Task brief: For the entries below, the result should be an exact transcription of the lines from the one with "pub parse_f64 : String → Option ℕ" up to and including the one with "pub is_merged : Bool", and only those.

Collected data
————————
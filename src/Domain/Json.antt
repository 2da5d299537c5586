-- ===== src/Domain/Json.antt =====
-- `serde_json::Value`, the type of process variables, and what the code uses of that crate.
use Prim.Native.Nat.{Ordering}
use mini_bpm_engine.Prelude.{ℕ, String, Bool, Option, Map}

-- A number is a code for serde_json's `Number`; the interface below reads it.
mutual
  pub data Value : Type 0 where
    null : Value
    bool : Bool → Value
    number : ℕ → Value
    string : String → Value
    array : Items → Value
    object : Fields → Value

  pub data Items : Type 0 where
    nil : Items
    cons : Value → Items → Items

  pub data Fields : Type 0 where
    end : Fields
    field : String → Value → Fields → Fields

-- serde_json and Rust's `f64`. `as_f64` answers a code for a double.
pub record Json : Type 0 where
  -- `a == b` on values that are not both numbers.
  pub value_eq : Value → Value → Bool
  pub as_f64 : ℕ → Option ℕ
  -- `f != 0.0`.
  pub f64_nonzero : ℕ → Bool
  -- `(x - y).abs() < f64::EPSILON`.
  pub f64_close : ℕ → ℕ → Bool
  pub f64_partial_cmp : ℕ → ℕ → Option Ordering
  -- `s.parse::<i64>()`, then `s.parse::<f64>()` with `Number::from_f64`.
  pub parse_i64 : String → Option ℕ
  pub parse_f64 : String → Option ℕ

abbrev pub Variables : Type 0
Variables = Map String Value
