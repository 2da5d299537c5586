-- ===== src/Domain/Token.antt =====
-- engine-core/src/domain/token.rs: the token that walks through a process.
use mini_bpm_engine.Prelude.{ℕ, String, Bool, false, []}
use mini_bpm_engine.Domain.Json.{Variables}

pub record Token : Type 0 where
  pub id : ℕ
  pub current_node : String
  pub variables : Variables
  pub is_merged : Bool

-- `Uuid::new_v4()` is the first argument.
unfoldable pub new : ℕ → String → Token
new uuid start_node = record {
  id = uuid;
  current_node = start_node;
  variables = [];
  is_merged = false;
}

unfoldable pub with_variables : ℕ → String → Variables → Token
with_variables uuid start_node variables = record {
  id = uuid;
  current_node = start_node;
  variables = variables;
  is_merged = false;
}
————————
Task answer:
  pub parse_f64 : String → Option ℕ

abbrev pub Variables : Type 0
Variables = Map String Value
repository 2da5d299537c5586
-- ===== src/Domain/Token.antt =====
-- engine-core/src/domain/token.rs: the token that walks through a process.
use mini_bpm_engine.Prelude.{ℕ, String, Bool, false, []}
use mini_bpm_engine.Domain.Json.{Variables}

pub record Token : Type 0 where
  pub id : ℕ
  pub current_node : String
  pub variables : Variables
  pub is_merged : Bool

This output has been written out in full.